[Spambayes] training

Tim Stone - Four Stones Expressions tim at fourstonesExpressions.com
Wed Feb 19 17:02:05 EST 2003

2/19/2003 4:50:19 PM, "Meyer, Tony" <T.A.Meyer at massey.ac.nz> wrote:

>(The problem with being on the nicer side of the world is that most of the 
mail arrives when you are asleep.  Apologies for the length of the reply).
>> The problem here is that some mailers pretty much lose most 
>> of the headers when you do a forward operation...
>Which would be when they would have to place the id in the body - mailers 
might do strange things to the body when forwarding, but surely none of them 
actually remove content.
>It would be nice if the smtpproxy could automagically change to including the 
id in the body if you started forwarding it messages without ids.  (Well, not 
nice for those of us who like control, but for the 'average-user'.

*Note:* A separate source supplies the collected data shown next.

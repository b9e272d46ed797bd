-- ===== src/App/Tests.antt =====
-- Code: frontend/src/App.tsx.
-- The page after a few choices.
use vps_dashboard.Common.{
  ◌≡◌, ◌⊎◌, false, refl, String, Option, some, none, ℕ, codes, [], ◌∷◌, true, false,
}
use vps_dashboard.Types.{containers, logs, connected, ContainerInfo, MetricsFrame}
use vps_dashboard.LogStream.Session.{reading, aborted}
use vps_dashboard.App.{
  AppState, set_tab, select_container, app_act, opened, AppReach, here, acted, left_aborted,
}
use vps_dashboard.App.Screen.{LogPane, Containers, nav_tabs, screen}
use vps_dashboard.App.Shown.{IsPaneOf, screen-IsPaneOf}
use vps_dashboard.App.Streams.{streams_only_logs}

-- A container is chosen, and then another one by way of the list.
abbrev chosen_twice : AppState
chosen_twice =
    app_act (app_act (app_act opened (select_container "a")) (set_tab containers))
      (select_container "b")

chosen_twice-AppReach : AppReach chosen_twice
chosen_twice-AppReach =
    acted (select_container "b") (acted (set_tab containers) (acted (select_container "a") here))

first_aborted : chosen_twice.log.phase 0 ≡ aborted
unfolding app_act vps_dashboard.App.show vps_dashboard.App.follow
    vps_dashboard.LogStream.Session.start vps_dashboard.LogStream.Session.stop
first_aborted = refl

second_read : chosen_twice.log.phase 1 ≡ reading
unfolding app_act vps_dashboard.App.show vps_dashboard.App.follow
    vps_dashboard.LogStream.Session.start vps_dashboard.LogStream.Session.stop
second_read = refl

streams_only_logs_example :
    (chosen_twice.tab ≡ logs)
    × ((id : String) × (chosen_twice.selected ≡ some id))
    × (chosen_twice.log.current ≡ some 1)
streams_only_logs_example = streams_only_logs chosen_twice 1 chosen_twice-AppReach second_read

abbrev box : ContainerInfo
box = record {
  id = "b";
  name = codes "web";
  status = codes "Up";
  state = codes "running";
  uptime = codes "1h";
  started_at = [];
  public_url = [];
}

abbrev loaded : Containers
loaded = record { containers = box ∷ []; loading = false; error = none }

abbrev no_frame : Option (MetricsFrame ℕ)
no_frame = none

abbrev web_pane : LogPane
web_pane = record {
  name = codes "web";
  live = true;
  badge = codes "STREAMING";
  banner = none;
  waiting = true;
  rows = [];
}

screen-IsPaneOf_example :
    IsPaneOf chosen_twice (box ∷ []) web_pane
    × ((web_pane.live ≡ false)
        ⊎ ((i : ℕ) × (chosen_twice.log.current ≡ some i) × (chosen_twice.log.phase i ≡ reading)))
unfolding screen vps_dashboard.App.Screen.log_viewer vps_dashboard.App.selected_name app_act
    vps_dashboard.App.show vps_dashboard.App.follow vps_dashboard.LogStream.Session.start
    vps_dashboard.LogStream.Session.stop
screen-IsPaneOf_example =
    screen-IsPaneOf 800 chosen_twice loaded no_frame connected web_pane chosen_twice-AppReach refl
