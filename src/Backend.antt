-- ===== src/Backend.antt =====
-- The parts of the Go backend, under internal/, whose answers the page relies on.
pub mod History
pub mod Logs
pub mod Hub
pub mod Charts
pub mod Tokens
pub mod Cpu
pub mod Auth
mod Tests
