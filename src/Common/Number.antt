-- ===== src/Common/Number.antt =====
-- The JavaScript numbers that the dashboard only compares, clamps and prints (percentages and the
-- coordinates read from JSON): any total order that holds the integers. `JSON.parse` yields no NaN,
-- so `<` is total on them. The integers of the program (times, sizes, ids, counts) are native
-- numbers and do not go through this interface.
use vps_dashboard.Common.{ℕ, ◌≡◌, ◌⊎◌, Bool, true, arith, leb, Text, decimal, refl}

pub record Number : Type 1 where
  pub N : Type 0
  pub le : N → N → Bool
  pub of_ℕ : ℕ → N
  pub to_fixed : N → ℕ → Text
  pub le_total : (a b : N) → (le a b ≡ true) ⊎ (le b a ≡ true)
  pub le_trans : (a b c : N) → le a b ≡ true → le b c ≡ true → le a c ≡ true
  pub le_antisym : (a b : N) → le a b ≡ true → le b a ≡ true → a ≡ b
  pub le-of_ℕ : (m n : ℕ) → le (of_ℕ m) (of_ℕ n) ≡ leb m n

pub nat_total : (a b : ℕ) → (leb a b ≡ true) ⊎ (leb b a ≡ true)
nat_total a b = ground arith

pub nat_trans : (a b c : ℕ) → leb a b ≡ true → leb b c ≡ true → leb a c ≡ true
nat_trans a b c h k = ground arith

pub nat_antisym : (a b : ℕ) → leb a b ≡ true → leb b a ≡ true → a ≡ b
nat_antisym a b h k = ground arith

-- Whole numbers meet the interface.
abbrev pub whole : Number
whole = record {
  N = ℕ;
  le = leb;
  of_ℕ = λ n. n;
  to_fixed = λ n d. decimal n;
  le_total = nat_total;
  le_trans = nat_trans;
  le_antisym = nat_antisym;
  le-of_ℕ = λ m n. refl;
}
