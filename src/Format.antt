-- ===== src/Format.antt =====
-- frontend/src/utils/format.ts: the texts that the components show. Sizes are whole byte counts
-- below 2^53, which a JavaScript number holds exactly, so the quotient by a power of 1024 and its
-- rounding by `toFixed` are exact too.
pub mod Bytes
pub mod Range
mod Tests
use vps_dashboard.Common.{
  ℕ, zero, suc, ◌+◌, ◌-◌, ◌*◌, ◌/◌, ◌%◌, ◌^◌, min, String, Bool, true, false, ◌&&◌, ◌||◌, Option,
  none, some, List, [], ◌∷◌, ◌++◌, map, Text, codes, decimal, ltb, leb, ◌==◌, if◌then◌else◌, length,
  get_elem?, take,
}
use vps_dashboard.Common.Number.{Number}

abbrev pub units : List Text
units = codes "B" ∷ codes "KB" ∷ codes "MB" ∷ codes "GB" ∷ codes "TB" ∷ []

-- `Math.floor(Math.log(n) / Math.log(1024))` for a positive whole `n`.
unfoldable pub floor_log : ℕ → ℕ → ℕ
floor_log zero n = 0
floor_log (suc f) n = let rest = floor_log f (n / 1024) in if ltb n 1024 then 0 else suc rest

-- The index of the unit; four divisions decide it, so five rounds are enough.
unfoldable pub unit_index : ℕ → ℕ
unfolding floor_log
unit_index bytes = min (floor_log 5 bytes) (length units - 1)

-- `x.toFixed(d)` at `x = a / b`: the nearest multiple of 10^-d, halves upwards, in units of 10^-d.
unfoldable pub rounded : ℕ → ℕ → ℕ → ℕ
rounded a b d = (2 * (a * 10 ^ d) + b) / (2 * b)

-- The last `d` decimal digits of a number, padded by zeros.
unfoldable pub last_digits : ℕ → ℕ → Text
last_digits zero n = []
last_digits (suc d) n = last_digits d (n / 10) ++ (n % 10 + b'0') ∷ []

-- A number of units of 10^-d, with its decimal point.
unfoldable pub fixed : ℕ → ℕ → Text
unfolding last_digits
fixed n d = if d == 0 then decimal n else decimal (n / 10 ^ d) ++ b'.' ∷ last_digits d n

-- `UNITS[i]` in a template literal.
abbrev pub unit_text : Option Text → Text
unit_text none = codes "undefined"
unit_text (some u) = u

-- The digits after the point: none for plain bytes.
abbrev pub shown_decimals : ℕ → ℕ → ℕ
shown_decimals i decimals = if i == 0 then 0 else decimals

unfoldable pub format_bytes : ℕ → ℕ → Text
format_bytes bytes decimals =
    if bytes == 0
    then codes "0 B"
    else (let i = unit_index bytes in
        let d = shown_decimals i decimals in
        fixed (rounded bytes (1024 ^ i) d) d ++ b' ' ∷ unit_text (get_elem? units i))

unfoldable pub format_bytes_per_sec : ℕ → Text
format_bytes_per_sec bytes = format_bytes bytes 1 ++ codes "/s"

-- `toLowerCase` on the letters of ASCII. No other letter has a lower case within ASCII that the
-- compared words hold.
abbrev lower : ℕ → ℕ
lower c = if leb b'A' c && leb c b'Z' then c + 32 else c

abbrev pub text_eq : Text → Text → Bool
text_eq [] [] = true
text_eq (c ∷ s) (d ∷ t) = c == d && text_eq s t
text_eq [] (d ∷ t) = false
text_eq (c ∷ s) [] = false

unfoldable pub status_color : Text → Text
status_color state =
    let s = map lower state in
    if text_eq s (codes "running")
    then codes "var(--color-ok)"
    else if text_eq s (codes "paused") || text_eq s (codes "restarting")
    then codes "var(--color-warn)"
    else codes "var(--color-muted)"

-- `name.slice(0, max - 1)`: for `max = 0` the end counts from the right.
slice_to : Text → ℕ → Text
slice_to name max = if max == 0 then take (length name - 1) name else take (max - 1) name

unfoldable pub short_name : Text → ℕ → Text
unfolding slice_to
short_name name max = if leb (length name) max then name else slice_to name max ++ 0x2026 ∷ []

module _ (num : Number) where
  open num use {N, le, to_fixed}

  unfoldable pub format_percent : N → ℕ → Text
  format_percent value decimals = to_fixed value decimals ++ codes "%"

  -- `Math.min` and `Math.max`; equal arguments are one value in a total order.
  abbrev math_min : N → N → N
  math_min a b = if le a b then a else b

  abbrev pub math_max : N → N → N
  math_max a b = if le a b then b else a

  unfoldable pub clamp : N → N → N → N
  clamp value lo hi = math_min hi (math_max lo value)

-- `new URL(url).hostname`, which is a parameter, or the text itself where it throws.
abbrev pub host_from_url : (String → Option String) → String → String
host_from_url hostname url = url_or (hostname url) url
  where
    url_or : Option String → String → String
    url_or none u = u
    url_or (some host) u = host
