-- ===== src/Backend/Auth.antt =====
-- internal/auth/middleware.go. Base64 and the comparison with a bcrypt hash are parameters; text is a
-- list of bytes.
pub mod Granted
pub mod Handler
mod Tests
use vps_dashboard.Common.{
  ℕ, Bool, true, false, not, ◌&&◌, ◌==◌, Option, none, some, List, [], ◌∷◌, Text, codes,
  if◌then◌else◌,
}
use vps_dashboard.Format.{text_eq}
use vps_dashboard.LogStream.{strip_prefix}

-- The part of the configuration that the middleware reads.
pub record Config : Type 0 where
  pub authelia_user_header : Text
  pub dashboard_username : Text
  pub dashboard_password_hash : Text
  pub app_env : Text

-- What the middleware does: the next handler runs, with the user in its context if there is one.
pub data Reply : Type 0 where
  served : Option Text → Reply
  unauthorized : Reply

abbrev pub is_empty : Text → Bool
is_empty [] = true
is_empty (c ∷ s) = false

abbrev pub basic : Text
basic = codes "Basic "

abbrev add_first : ℕ → Option (Text × Text) → Option (Text × Text)
add_first c none = none
add_first c (some (a, b)) = some (c ∷ a, b)

-- `strings.SplitN(payload, ":", 2)`, if it has two parts.
abbrev pub split_colon : Text → Option (Text × Text)
split_colon [] = none
split_colon (c ∷ s) =
    let rest = split_colon s in if c == b':' then some ([], s) else add_first c rest

module _ (decode : Text → Option Text) (matches : Text → Text → Bool) where
  abbrev check_parts : Config → Option (Text × Text) → Option Text
  check_parts cfg none = none
  check_parts cfg (some (username, password)) =
      if not (text_eq username cfg.dashboard_username)
      then none
      else if not (matches cfg.dashboard_password_hash password)
      then none
      else some username

  abbrev check_payload : Config → Option Text → Option Text
  check_payload cfg none = none
  check_payload cfg (some payload) = check_parts cfg (split_colon payload)

  abbrev check_encoded : Config → Option Text → Option Text
  check_encoded cfg none = none
  check_encoded cfg (some encoded) = check_payload cfg (decode encoded)

  -- The argument is the header Authorization.
  unfoldable pub validate_basic_auth : Config → Text → Option Text
  validate_basic_auth cfg auth = check_encoded cfg (strip_prefix basic auth)

  abbrev reply_of : Option Text → Reply
  reply_of none = unauthorized
  reply_of (some user) = served (some user)

  -- The function gives the header of a name, and the empty text where there is none.
  unfoldable pub handler : Config → (Text → Text) → Reply
  handler cfg header =
      let user = header cfg.authelia_user_header in
      if not (is_empty user)
      then served (some user)
      else if not (is_empty cfg.dashboard_password_hash)
      then reply_of (validate_basic_auth cfg (header (codes "Authorization")))
      else if text_eq cfg.app_env (codes "development")
      then served none
      else unauthorized
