-- ===== src/Backend/Auth/Granted.antt =====
-- Code: internal/auth/middleware.go.
-- The header Authorization: which names and passwords are accepted.
use vps_dashboard.Common.{
  ℕ, ◌≡◌, refl, ap, ◌∙◌, arith, Bool, true, false, not, ◌==◌, Option, none, some, [], ◌∷◌, ◌++◌,
  Text, if◌then◌else◌, All,
}
use vps_dashboard.Format.{text_eq}
use vps_dashboard.LogStream.{strip_prefix}
use vps_dashboard.Backend.Auth.{
  Config, basic, split_colon, add_first, check_parts, check_payload, check_encoded,
  validate_basic_auth,
}

text_eq-eq : (s t : Text) → text_eq s t ≡ true → s ≡ t
text_eq-eq [] [] h = refl
text_eq-eq [] (d ∷ t) h = ground (arith, h)
text_eq-eq (c ∷ s) [] h = ground (arith, h)
text_eq-eq (c ∷ s) (d ∷ t) h = ground (arith, h, text_eq-eq s t)

text_eq_refl : (s : Text) → text_eq s s ≡ true
text_eq_refl [] = refl
text_eq_refl (c ∷ s) = ground (arith, text_eq_refl s)

strip_prefix-eq : (p s rest : Text) → strip_prefix p s ≡ some rest → s ≡ p ++ rest
strip_prefix-eq [] s rest h = ground (arith, h)
strip_prefix-eq (d ∷ p) [] rest h = ground (arith, h)
strip_prefix-eq (d ∷ p) (c ∷ s) rest h = ground (arith, h, strip_prefix-eq p s rest)

strip_prefix-append : (p rest : Text) → strip_prefix p (p ++ rest) ≡ some rest
strip_prefix-append [] rest = refl
strip_prefix-append (d ∷ p) rest = ground (arith, strip_prefix-append p rest)

-- No byte is a colon.
abbrev pub HasNoColon : Text → Type 0
HasNoColon s = All (λ c. (c == b':') ≡ false) s

split_colon-append : (a b : Text) → HasNoColon a → split_colon (a ++ b':' ∷ b) ≡ some (a, b)
split_colon-append [] b h = refl
split_colon-append (c ∷ a) b h = rw (h.0, split_colon-append a b h.1) refl

-- The parts are those of the payload at a colon.
abbrev Joins : Text → Option (Text × Text) → Type 0
Joins s none = Unit
Joins s (some (a, b)) = s ≡ a ++ b':' ∷ b

add_first-Joins :
    (c : ℕ) (s : Text) (o : Option (Text × Text)) → Joins s o → Joins (c ∷ s) (add_first c o)
add_first-Joins c s none h = tt
add_first-Joins c s (some (a, b)) h = ap (λ t. c ∷ t) h

at_colon :
    (here : Bool) (c : ℕ) (s : Text) (o : Option (Text × Text))
    → (here ≡ true → c ≡ b':')
    → Joins (c ∷ s) o
    → Joins (c ∷ s) (if here then some ([], s) else o)
at_colon true c s o colon h = ap (λ d. d ∷ s) (colon refl)
at_colon false c s o colon h = h

split_colon-Joins : (s : Text) → Joins s (split_colon s)
split_colon-Joins [] = tt
split_colon-Joins (c ∷ s) =
    at_colon (c == b':') c s (add_first c (split_colon s)) (λ e. ground (arith, e))
      (add_first-Joins c s (split_colon s) (split_colon-Joins s))

module _ (decode : Text → Option Text) (matches : Text → Text → Bool) where
  -- The header holds the name from the configuration and a password that the hash is of.
  pub record HasPassword (cfg : Config) (auth user : Text) : Type 0 where
    pub encoded : Text
    pub password : Text
    pub sent : auth ≡ basic ++ encoded
    pub decoded : decode encoded ≡ some (user ++ b':' ∷ password)
    pub named : user ≡ cfg.dashboard_username
    pub proved : matches cfg.dashboard_password_hash password ≡ true

  abbrev pub Accepted : Config → Text → Option Text → Type 0
  Accepted cfg auth none = Unit
  Accepted cfg auth (some user) = HasPassword cfg auth user

  both :
      (cfg : Config) (auth user : Text) (a b : Bool)
      → (a ≡ true → b ≡ true → HasPassword cfg auth user)
      → Accepted cfg auth (if not a then none else if not b then none else some user)
  both cfg auth user true true h = h refl refl
  both cfg auth user true false h = tt
  both cfg auth user false b h = tt

  parts-Accepted :
      (cfg : Config) (auth encoded payload : Text) (parts : Option (Text × Text))
      → auth ≡ basic ++ encoded
      → decode encoded ≡ some payload
      → Joins payload parts
      → Accepted cfg auth (check_parts decode matches cfg parts)
  parts-Accepted cfg auth encoded payload none sent d j = tt
  parts-Accepted cfg auth encoded payload (some (user, password)) sent d j =
      both cfg auth user (text_eq user cfg.dashboard_username)
        (matches cfg.dashboard_password_hash password)
        (λ e k. record {
          encoded = encoded;
          password = password;
          sent = sent;
          decoded = d ∙ ap some j;
          named = text_eq-eq user cfg.dashboard_username e;
          proved = k;
        })

  payload-Accepted :
      (cfg : Config) (auth encoded : Text) (payload : Option Text)
      → auth ≡ basic ++ encoded
      → decode encoded ≡ payload
      → Accepted cfg auth (check_payload decode matches cfg payload)
  payload-Accepted cfg auth encoded none sent d = tt
  payload-Accepted cfg auth encoded (some payload) sent d =
      parts-Accepted cfg auth encoded payload (split_colon payload) sent d
        (split_colon-Joins payload)

  encoded-Accepted :
      (cfg : Config) (auth : Text) (encoded : Option Text)
      → strip_prefix basic auth ≡ encoded
      → Accepted cfg auth (check_encoded decode matches cfg encoded)
  encoded-Accepted cfg auth none e = tt
  encoded-Accepted cfg auth (some encoded) e =
      payload-Accepted cfg auth encoded (decode encoded) (strip_prefix-eq basic auth encoded e) refl

  pub validate-Accepted :
      (cfg : Config) (auth : Text) → Accepted cfg auth (validate_basic_auth decode matches cfg auth)
  unfolding validate_basic_auth
  validate-Accepted cfg auth = encoded-Accepted cfg auth (strip_prefix basic auth) refl

  pub validate-eq-some :
      (cfg : Config) (auth user : Text)
      → HasNoColon cfg.dashboard_username
      → HasPassword cfg auth user
      → validate_basic_auth decode matches cfg auth ≡ some user
  unfolding validate_basic_auth
  validate-eq-some cfg auth user colonless p =
      let decoded : decode p.encoded ≡ some (cfg.dashboard_username ++ b':' ∷ p.password) =
        p.decoded ∙ ap (λ u. some (u ++ b':' ∷ p.password)) p.named in
      let stripped = strip_prefix-append basic p.encoded in
      let parted = split_colon-append cfg.dashboard_username p.password colonless in
      let same = text_eq_refl cfg.dashboard_username in
      ap (λ a. check_encoded decode matches cfg (strip_prefix basic a)) p.sent
      ∙ ap (check_encoded decode matches cfg) stripped
      ∙ ap (check_payload decode matches cfg) decoded
      ∙ ap (check_parts decode matches cfg) parted
      ∙ rw (same, p.proved, p.named) refl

We really should make every effort to make the non-OL2K side of spambayes 
mailer agnostic.  There's just too many of 'em... a testing matrix might be 
interesting, but I don't believe we should *ever* put mailer specific code in 
the core stuff.  Specific mailer plugins would be cool, but most mailers have 
no such plugin architecture.

>> Placing 
>> something like a url in the body of 
>> a message is another possibility that's been raised.  It's 
>> somewhat dangerous, particularly in the case of multipart 
>> messages, and for html messages may not 
>> be visible at all.
>I think the spoofing possibilties of a URL (as back in the November posts) 
removes it as a possibility, as nice as it would be.  A non-clickable message 
id, though, shouldn't be spoofable (a spammer shouldn't be able to generate 
valid ids).


>> Also, consider the company that gets
>> gigabytes of email every day.  How long do they keep a 
>> message in their pool for future training?
>This is a problem with the existing pop3proxy as well, of course.  Isn't 
spambayes still aimed at individuals, not organisations?  
>> And anyway, forwarding a message to a special address is 
>> still too much work.
>If this is the agreed conclusion, then I don't really see any options other 
>(a) Don't get the user to train (they would have to start with some sort of 
pretrained database).  This does really kill all the power of spambayes, even 
if they could update their pretrained databases (that someone else trains for 
>(b) Integration into lots of clients, al la the Outlook plugin.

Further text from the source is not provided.